◆ **Exercise instructions**
Among the entries below, one stretch runs from the line that contains "put p e cb = record" through the line that contains "pub reset_time : Option ℕ". Repeat that stretch exactly, ends included, and only that.

◆ **Listed records**
-- ===== src/CircuitBreaker.antt =====
-- internal/gateway/circuitbreaker/circuit_breaker.go: the state that is kept for each provider.
-- A method takes the breaker and returns the new one; `time.Now()` is the argument `now`, in
-- nanoseconds, and 0 is Go's zero time. The counters are not bounded (2 ^ 63 events do not occur).
pub mod View
pub mod Machine
mod Tests
use llm_router.Common.{
  ℕ, ◌+◌, Bool, true, false, Option, none, some, List, [], String, leb, ◌==◌, if◌then◌else◌, lookup,
  insert, map, not,
}

pub data State : Type 0 where
  state_closed state_open state_half_open : State

unfoldable pub state_string : State → String
state_string state_closed = "closed"
state_string state_open = "open"
state_string state_half_open = "half_open"

pub record Config : Type 0 where
  pub failure_threshold : ℕ
  pub success_threshold : ℕ
  pub open_timeout : ℕ

abbrev pub default_config : Config
default_config = record {
  failure_threshold = 5;
  success_threshold = 2;
  open_timeout = 60_000_000_000;
}

pub record Entry : Type 0 where
  pub state : State
  pub failures : ℕ
  pub successes : ℕ
  pub last_failure_at : ℕ

abbrev pub fresh : Entry
fresh = record { state = state_closed; failures = 0; successes = 0; last_failure_at = 0 }

pub record Breaker : Type 0 where
  pub entries : List (String × Entry)
  pub cfg : Config

unfoldable pub new : Config → Breaker
new cfg = record { entries = []; cfg = cfg }

-- `get` inserts a closed entry for a provider that is not known yet.
unfoldable pub get : String → Breaker → Entry × Breaker
get p cb = elim (lookup p cb.entries) [
  | some e ↦ (e, cb)
  | none ↦ (fresh, record cb { entries = insert p fresh cb.entries })
]

-- The code writes through the pointer that `get` returns.
unfoldable pub put : String → Entry → Breaker → Breaker
put p e cb = record cb { entries = insert p e cb.entries }

-- What `IsOpen` does to the entry, and whether the request is blocked.
unfoldable pub probe : Config → ℕ → State → Entry → Bool × Entry
probe cfg now state_open e =
    if leb (e.last_failure_at + cfg.open_timeout) now
    then (false, record e { state = state_half_open; successes = 0 })
    else (true, e)
probe cfg now _ e = (false, e)

unfoldable pub is_open : ℕ → String → Breaker → Bool × Breaker
unfolding get put probe
is_open now p cb =
    let (e, cb') = get p cb in
    let (blocked, e') = probe cb.cfg now e.state e in (blocked, put p e' cb')

unfoldable pub success : Config → State → Entry → Entry
success cfg state_half_open e =
    if leb cfg.success_threshold (e.successes + 1)
    then record e { state = state_closed; failures = 0; successes = 0 }
    else record e { successes = e.successes + 1 }
success cfg state_closed e = record e { failures = 0 }
success cfg state_open e = e

unfoldable pub record_success : String → Breaker → Breaker
unfolding get put success
record_success p cb = let (e, cb') = get p cb in put p (success cb.cfg e.state e) cb'

unfoldable pub failure : Config → State → Entry → Entry
failure cfg state_closed e =
    if leb cfg.failure_threshold e.failures then record e { state = state_open } else e
failure cfg state_half_open e = record e { state = state_open; failures = 0 }
failure cfg state_open e = e

unfoldable pub record_failure : ℕ → String → Breaker → Breaker
unfolding get put failure
record_failure now p cb =
    let (e, cb') = get p cb in
    put p (failure cb.cfg e.state (record e { failures = e.failures + 1; last_failure_at = now }))
      cb'

unfoldable pub reset : String → Breaker → Breaker
unfolding put
reset p cb = put p fresh cb

unfoldable pub all_status : Breaker → List (String × String)
unfolding state_string
all_status cb = map (λ b. (b.0, state_string b.1.state)) cb.entries

pub record ProviderStatusDetail : Type 0 where
  pub provider : String
  pub state : String
  pub failure_count : ℕ
  pub last_failure : Option ℕ
  pub reset_time : Option ℕ

abbrev is_state_open : State → Bool
is_state_open state_open = true
is_state_open _ = false

unfoldable pub detail : Config → String → Entry → ProviderStatusDetail
unfolding state_string
detail cfg p e =
    let failed = not (e.last_failure_at == 0) in
    record {
      provider = p;
      state = state_string e.state;
      failure_count = e.failures;
      last_failure = if failed then some e.last_failure_at else none;
      reset_time =
          if failed
          then if is_state_open e.state then some (e.last_failure_at + cfg.open_timeout) else none
          else none;
    }

unfoldable pub all_status_detailed : Breaker → List ProviderStatusDetail
unfolding detail
all_status_detailed cb = map (λ b. detail cb.cfg b.0 b.1) cb.entries

unfoldable pub provider_status : String → Breaker → String × Breaker
unfolding get state_string
provider_status p cb = let (e, cb') = get p cb in (state_string e.state, cb')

◆ **Final answer**
put p e cb = record cb { entries = insert p e cb.entries }

-- What `IsOpen` does to the entry, and whether the request is blocked.
unfoldable pub probe : Config → ℕ → State → Entry → Bool × Entry
probe cfg now state_open e =
    if leb (e.last_failure_at + cfg.open_timeout) now
    then (false, record e { state = state_half_open; successes = 0 })
    else (true, e)
probe cfg now _ e = (false, e)

unfoldable pub is_open : ℕ → String → Breaker → Bool × Breaker
unfolding get put probe
is_open now p cb =
    let (e, cb') = get p cb in
    let (blocked, e') = probe cb.cfg now e.state e in (blocked, put p e' cb')

unfoldable pub success : Config → State → Entry → Entry
success cfg state_half_open e =
    if leb cfg.success_threshold (e.successes + 1)
    then record e { state = state_closed; failures = 0; successes = 0 }
    else record e { successes = e.successes + 1 }
success cfg state_closed e = record e { failures = 0 }
success cfg state_open e = e

unfoldable pub record_success : String → Breaker → Breaker
unfolding get put success
record_success p cb = let (e, cb') = get p cb in put p (success cb.cfg e.state e) cb'

unfoldable pub failure : Config → State → Entry → Entry
failure cfg state_closed e =
    if leb cfg.failure_threshold e.failures then record e { state = state_open } else e
failure cfg state_half_open e = record e { state = state_open; failures = 0 }
failure cfg state_open e = e

unfoldable pub record_failure : ℕ → String → Breaker → Breaker
unfolding get put failure
record_failure now p cb =
    let (e, cb') = get p cb in
    put p (failure cb.cfg e.state (record e { failures = e.failures + 1; last_failure_at = now }))
      cb'

unfoldable pub reset : String → Breaker → Breaker
unfolding put
reset p cb = put p fresh cb

unfoldable pub all_status : Breaker → List (String × String)
unfolding state_string
all_status cb = map (λ b. (b.0, state_string b.1.state)) cb.entries

pub record ProviderStatusDetail : Type 0 where
  pub provider : String
  pub state : String
  pub failure_count : ℕ
  pub last_failure : Option ℕ
  pub reset_time : Option ℕ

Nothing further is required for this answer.